The Corner

Immigration Week

Last week was, among other things, immigration week in Derbland. Tuesday

morning I went to a Manhattan Institute bash, a panel discussion with

panelists Tamar Jacoby of the MI, John Fonte of the Hudson Institute, and

Peter Brimelow, who runs the VDARE immigration-restrictionist website. (All

three of them have written for NR or NRO at various times.) That one I have

written up for NRO, should be online in a day or two.

Then on Thursday I went to a lunch-presentation organized by Mark Krikorian

at the Center for Immigration Studies, to present an award to CNN’s Lou Dobbs.

Lou has been doing a series of pieces called “Broken Borders,” about our

loss of control over immigration. Also present was Rep. Tom Tancredo, the

most outspoken voice in Congress on immigration issues.

Attending these events, and talking to people at them, and about them, I get

the impression of a slow thaw going on, a gradual turn in the public mood.
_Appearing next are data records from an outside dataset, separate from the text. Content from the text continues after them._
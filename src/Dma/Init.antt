-- ===== src/Dma/Init.antt =====
-- dma.c: `dma_init`. The macro `dma_peri(i)` of the generated dma_structs.h, which gives the
-- integrated peripheral of a channel, is the parameter `integrated`.
pub mod Laws
use core_v_mini_mcu.Base.{
  ℕ, zero, suc, ◌+◌, ◌/◌, ◌==◌, if◌then◌else◌, Option, none, some, List, [], ◌∷◌,
}
use core_v_mini_mcu.Dma.Reg
use core_v_mini_mcu.Dma.Types.{Channel, World}
use core_v_mini_mcu.Mmio.{Region, update, mmio_region_write32}

-- The registers that are cleared, in the code's order.
abbrev pub cleared_registers : List ℕ
cleared_registers =
    Reg.src_ptr ∷ Reg.dst_ptr ∷ Reg.addr_ptr ∷ Reg.size_d1 ∷ Reg.size_d2 ∷ Reg.src_ptr_inc_d1
    ∷ Reg.src_ptr_inc_d2 ∷ Reg.dst_ptr_inc_d1 ∷ Reg.dst_ptr_inc_d2 ∷ Reg.dim_config ∷ Reg.dim_inv
    ∷ Reg.slot ∷ Reg.src_data_type ∷ Reg.dst_data_type ∷ Reg.sign_ext ∷ Reg.mode ∷ Reg.window_size
    ∷ Reg.pad_top ∷ Reg.pad_bottom ∷ Reg.pad_left ∷ Reg.pad_right ∷ Reg.interrupt_en ∷ []

unfoldable pub clear : List ℕ → Region → Region
clear [] r = r
clear (offset ∷ offsets) r = clear offsets (mmio_region_write32 r offset 0)

abbrev pub peri_of : Option ℕ → (ℕ → ℕ) → ℕ → ℕ
peri_of none integrated i = integrated i
peri_of (some peri) integrated i = peri

-- The loop body for channel `i`.
unfoldable pub init_channel : Option ℕ → (ℕ → ℕ) → ℕ → World → World
init_channel given integrated i w =
    let peri = peri_of given integrated i in
    record w {
      channels = update w.channels i (record (w.channels i) { trans = none; peri = peri });
      banks = update w.banks peri (clear cleared_registers (w.banks peri));
    }

unfoldable pub init_loop : Option ℕ → (ℕ → ℕ) → ℕ → ℕ → World → World
init_loop given integrated zero i w = w
init_loop given integrated (suc left) i w =
    init_loop given integrated left (i + 1) (init_channel given integrated i w)

unfoldable pub dma_init : Option ℕ → (ℕ → ℕ) → ℕ → World → World
dma_init given integrated ch_num w = init_loop given integrated ch_num 0 w
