-- ===== src/Mmio/Laws.antt =====
-- The bits of a register after it is set or cleared in place.
use core_v_mini_mcu.Base.{
  ℕ, zero, suc, ◌-◌, ◌<◌, ◌≡◌, ◌≢◌, refl, eq→==, ne→==, Bool, true, false, arith, ◌==◌,
  if◌then◌else◌, test_bit, test_bit-zero,
}
use core_v_mini_mcu.Bitfield.{Field, bitfield_field32_write, bitfield_bit32_write, bitfield_write}
use core_v_mini_mcu.Bitfield.Bits.{test_bit-bitfield_write}
use core_v_mini_mcu.Mmio.{update}

-- The two spellings of a field write agree.
pub bitfield_field32_write-eq :
    (b : ℕ) (f : Field) (v : ℕ) → bitfield_field32_write b f v ≡ bitfield_write b f.mask f.index v
unfolding bitfield_field32_write bitfield_write
bitfield_field32_write-eq b f v = refl

bitfield_bit32_write-eq :
    (b i : ℕ) (v : Bool) → bitfield_bit32_write b i v ≡ bitfield_write b 1 i (if v then 1 else 0)
unfolding bitfield_bit32_write bitfield_write
bitfield_bit32_write-eq b i v = refl

test_bit-one : (j : ℕ) → test_bit 1 j ≡ (j == 0)
test_bit-one zero = refl
test_bit-one (suc j) = ground (arith, test_bit-zero j)

-- Of the 32 bits of a word, a one-bit write changes the named one to the given value and no other.
pub test_bit-bitfield_bit32_write :
    (b i : ℕ) (v : Bool) (j : ℕ)
    → j < 32
    → test_bit (bitfield_bit32_write b i v) j ≡ (if j == i then v else test_bit b j)
test_bit-bitfield_bit32_write b i true j h =
    rw (bitfield_bit32_write-eq b i true)
      (ground (arith, test_bit-bitfield_write b 1 i 1 j h, test_bit-one (j - i)))
test_bit-bitfield_bit32_write b i false j h = rw (bitfield_bit32_write-eq b i false) (
    ground
      (arith, test_bit-bitfield_write b 1 i 0 j h, test_bit-one (j - i), test_bit-zero (j - i)))

pub update_self {ℓ} : {A : Type ℓ} (f : ℕ → A) (i : ℕ) (v : A) → update f i v i ≡ v
update_self f i v = rw (eq→== i i refl)

pub update-other {ℓ} :
    {A : Type ℓ} (f : ℕ → A) (i : ℕ) (v : A) (j : ℕ) → j ≢ i → update f i v j ≡ f j
update-other f i v j h = rw (ne→== j i h)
What Peter Brimelow calls “The National Question” is not quite respectable

yet in mainstream politics. You won’t be hearing diddly about it from Bush

or Kerry between now and November, and if you poke your head up above the

parapet on this issue in the elite media, you will find yourself on the

Southern Poverty Law Center’s watch list faster than you can say “hate

group.” Yet more and more people in the Commentariat — people like Lou

Dobbs and Michelle Malkin — are willing to speak frankly and clearly about,

at least, the folly of not properly securing our country’s borders and entry

points. And with Sam Huntington’s new book, it is apparently OK now

for serious scholars to venture into the larger area of U.S. population

policy.

The eye-opener of Thursday’s event for me was a lady I found myself sitting

next to, Rachel Ehrenfeld, author of a book titled FUNDING TERROR. As NRO regulars know, Rachel is a leading

authority on how international terrorists finance their operations. As the

British and Irish govts have learned all too well this past 30 years in

Northern Ireland, terror and crime are inseparable. Rachel knows all the

details, including the nasty little secrets of international banking, for

whom the terror/drugs/crime nexus is big business — too big to ignore, and

mighty profitable.

John Derbyshire — Mr. Derbyshire is a former contributing editor of National Review.